§ WHAT IS NEEDED: From the entries below, please output exactly the lines starting at the one containing "pub Ensures-ok : (a" and ending at the one containing "Result-cases (err e) = inr (inl (e, refl))", both included.
---+---
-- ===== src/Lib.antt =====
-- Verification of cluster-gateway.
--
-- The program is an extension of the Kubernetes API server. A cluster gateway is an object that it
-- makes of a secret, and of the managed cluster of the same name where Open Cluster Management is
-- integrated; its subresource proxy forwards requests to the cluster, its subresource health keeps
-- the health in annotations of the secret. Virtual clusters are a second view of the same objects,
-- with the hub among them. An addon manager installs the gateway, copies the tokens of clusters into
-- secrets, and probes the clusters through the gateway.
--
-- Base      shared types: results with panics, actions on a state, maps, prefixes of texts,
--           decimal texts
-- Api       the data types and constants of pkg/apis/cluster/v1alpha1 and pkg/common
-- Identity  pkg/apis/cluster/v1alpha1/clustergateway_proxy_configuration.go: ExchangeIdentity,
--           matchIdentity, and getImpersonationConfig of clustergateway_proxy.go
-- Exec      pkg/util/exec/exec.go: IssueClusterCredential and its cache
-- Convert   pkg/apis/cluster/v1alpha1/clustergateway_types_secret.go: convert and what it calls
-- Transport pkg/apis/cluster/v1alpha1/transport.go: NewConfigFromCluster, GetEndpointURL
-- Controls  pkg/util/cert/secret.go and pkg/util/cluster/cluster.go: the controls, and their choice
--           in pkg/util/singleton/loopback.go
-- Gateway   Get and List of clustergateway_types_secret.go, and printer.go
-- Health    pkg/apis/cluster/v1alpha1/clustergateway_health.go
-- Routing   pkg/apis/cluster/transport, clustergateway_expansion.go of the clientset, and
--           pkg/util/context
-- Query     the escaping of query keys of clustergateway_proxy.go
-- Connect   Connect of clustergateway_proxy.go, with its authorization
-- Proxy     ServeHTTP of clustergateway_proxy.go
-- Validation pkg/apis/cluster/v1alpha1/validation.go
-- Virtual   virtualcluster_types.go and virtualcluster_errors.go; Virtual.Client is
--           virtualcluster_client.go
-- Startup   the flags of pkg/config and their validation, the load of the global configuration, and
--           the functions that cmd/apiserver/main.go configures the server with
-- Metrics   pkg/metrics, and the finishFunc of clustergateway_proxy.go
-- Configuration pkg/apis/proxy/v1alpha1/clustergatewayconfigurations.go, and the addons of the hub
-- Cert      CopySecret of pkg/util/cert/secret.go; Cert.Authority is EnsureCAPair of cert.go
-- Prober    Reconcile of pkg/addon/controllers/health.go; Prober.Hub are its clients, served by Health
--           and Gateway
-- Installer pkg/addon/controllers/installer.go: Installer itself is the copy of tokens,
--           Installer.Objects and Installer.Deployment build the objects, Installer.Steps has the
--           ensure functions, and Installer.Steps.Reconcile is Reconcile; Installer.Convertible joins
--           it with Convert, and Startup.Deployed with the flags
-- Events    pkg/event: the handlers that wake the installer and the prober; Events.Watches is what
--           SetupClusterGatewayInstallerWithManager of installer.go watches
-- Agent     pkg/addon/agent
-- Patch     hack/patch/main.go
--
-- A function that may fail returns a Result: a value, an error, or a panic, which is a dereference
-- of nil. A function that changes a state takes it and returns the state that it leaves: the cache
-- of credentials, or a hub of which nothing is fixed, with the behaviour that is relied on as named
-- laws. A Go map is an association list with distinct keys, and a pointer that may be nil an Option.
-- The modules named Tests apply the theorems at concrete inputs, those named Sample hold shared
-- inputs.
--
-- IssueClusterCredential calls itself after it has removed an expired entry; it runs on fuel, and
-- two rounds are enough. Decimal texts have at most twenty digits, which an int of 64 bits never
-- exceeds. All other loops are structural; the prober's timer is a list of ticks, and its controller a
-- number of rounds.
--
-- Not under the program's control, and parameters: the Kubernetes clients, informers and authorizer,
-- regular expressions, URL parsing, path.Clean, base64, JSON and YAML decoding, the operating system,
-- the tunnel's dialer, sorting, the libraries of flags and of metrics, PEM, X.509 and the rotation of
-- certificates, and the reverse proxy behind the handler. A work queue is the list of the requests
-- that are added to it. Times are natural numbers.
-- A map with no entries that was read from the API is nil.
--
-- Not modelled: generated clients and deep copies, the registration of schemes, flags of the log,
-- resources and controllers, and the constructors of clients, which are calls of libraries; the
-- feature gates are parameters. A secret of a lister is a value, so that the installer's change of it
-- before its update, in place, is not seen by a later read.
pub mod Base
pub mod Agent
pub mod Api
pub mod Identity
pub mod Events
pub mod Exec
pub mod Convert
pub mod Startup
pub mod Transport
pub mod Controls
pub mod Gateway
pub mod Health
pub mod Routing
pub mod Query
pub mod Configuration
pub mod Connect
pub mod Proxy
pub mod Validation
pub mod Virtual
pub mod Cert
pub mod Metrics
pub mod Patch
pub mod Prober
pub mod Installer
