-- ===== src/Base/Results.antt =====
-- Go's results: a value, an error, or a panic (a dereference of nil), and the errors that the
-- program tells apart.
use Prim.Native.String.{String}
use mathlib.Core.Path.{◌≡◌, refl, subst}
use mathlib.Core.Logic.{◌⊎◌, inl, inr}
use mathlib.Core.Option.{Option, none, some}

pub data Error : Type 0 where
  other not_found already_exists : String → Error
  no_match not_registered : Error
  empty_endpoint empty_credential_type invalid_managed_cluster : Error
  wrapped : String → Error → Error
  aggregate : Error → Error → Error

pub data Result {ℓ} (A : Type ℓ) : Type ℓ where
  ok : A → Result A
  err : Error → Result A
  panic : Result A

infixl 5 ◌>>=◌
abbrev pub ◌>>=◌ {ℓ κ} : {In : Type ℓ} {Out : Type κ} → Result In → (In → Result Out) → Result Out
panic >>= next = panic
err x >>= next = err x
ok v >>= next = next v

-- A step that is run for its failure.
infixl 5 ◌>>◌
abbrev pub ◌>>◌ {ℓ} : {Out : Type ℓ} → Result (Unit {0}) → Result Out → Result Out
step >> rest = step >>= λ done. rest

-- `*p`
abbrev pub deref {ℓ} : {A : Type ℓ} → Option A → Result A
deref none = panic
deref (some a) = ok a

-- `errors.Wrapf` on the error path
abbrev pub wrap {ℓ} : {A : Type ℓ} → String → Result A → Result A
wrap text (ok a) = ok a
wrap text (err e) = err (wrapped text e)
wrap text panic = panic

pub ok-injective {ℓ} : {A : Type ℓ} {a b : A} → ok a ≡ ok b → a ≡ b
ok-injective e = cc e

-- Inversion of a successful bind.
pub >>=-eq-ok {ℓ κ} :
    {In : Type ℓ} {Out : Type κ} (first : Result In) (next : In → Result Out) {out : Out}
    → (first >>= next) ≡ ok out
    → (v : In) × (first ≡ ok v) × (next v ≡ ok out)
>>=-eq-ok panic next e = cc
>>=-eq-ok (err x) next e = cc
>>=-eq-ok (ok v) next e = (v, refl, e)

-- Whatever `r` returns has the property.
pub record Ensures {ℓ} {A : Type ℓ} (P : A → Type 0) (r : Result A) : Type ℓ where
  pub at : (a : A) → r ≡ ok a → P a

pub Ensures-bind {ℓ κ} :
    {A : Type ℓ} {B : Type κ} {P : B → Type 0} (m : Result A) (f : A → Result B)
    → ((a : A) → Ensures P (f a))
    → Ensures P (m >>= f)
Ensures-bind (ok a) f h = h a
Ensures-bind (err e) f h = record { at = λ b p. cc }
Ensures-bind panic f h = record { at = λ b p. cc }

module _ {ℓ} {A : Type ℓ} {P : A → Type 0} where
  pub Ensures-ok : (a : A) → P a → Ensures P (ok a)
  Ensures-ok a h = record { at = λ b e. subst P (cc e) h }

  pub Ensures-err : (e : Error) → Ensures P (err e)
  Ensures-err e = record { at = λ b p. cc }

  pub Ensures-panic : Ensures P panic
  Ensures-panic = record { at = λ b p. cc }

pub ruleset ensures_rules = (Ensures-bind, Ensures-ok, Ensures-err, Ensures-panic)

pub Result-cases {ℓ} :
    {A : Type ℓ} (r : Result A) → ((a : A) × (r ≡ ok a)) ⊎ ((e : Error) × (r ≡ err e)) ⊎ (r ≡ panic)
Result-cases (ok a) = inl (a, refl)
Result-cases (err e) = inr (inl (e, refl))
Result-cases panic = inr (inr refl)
---+---
§ WRITTEN RESPONSE:
  pub Ensures-ok : (a : A) → P a → Ensures P (ok a)
  Ensures-ok a h = record { at = λ b e. subst P (cc e) h }

  pub Ensures-err : (e : Error) → Ensures P (err e)
  Ensures-err e = record { at = λ b p. cc }

  pub Ensures-panic : Ensures P panic
  Ensures-panic = record { at = λ b p. cc }

pub ruleset ensures_rules = (Ensures-bind, Ensures-ok, Ensures-err, Ensures-panic)

pub Result-cases {ℓ} :
    {A : Type ℓ} (r : Result A) → ((a : A) × (r ≡ ok a)) ⊎ ((e : Error) × (r ≡ err e)) ⊎ (r ≡ panic)
Result-cases (ok a) = inl (a, refl)
Result-cases (err e) = inr (inl (e, refl))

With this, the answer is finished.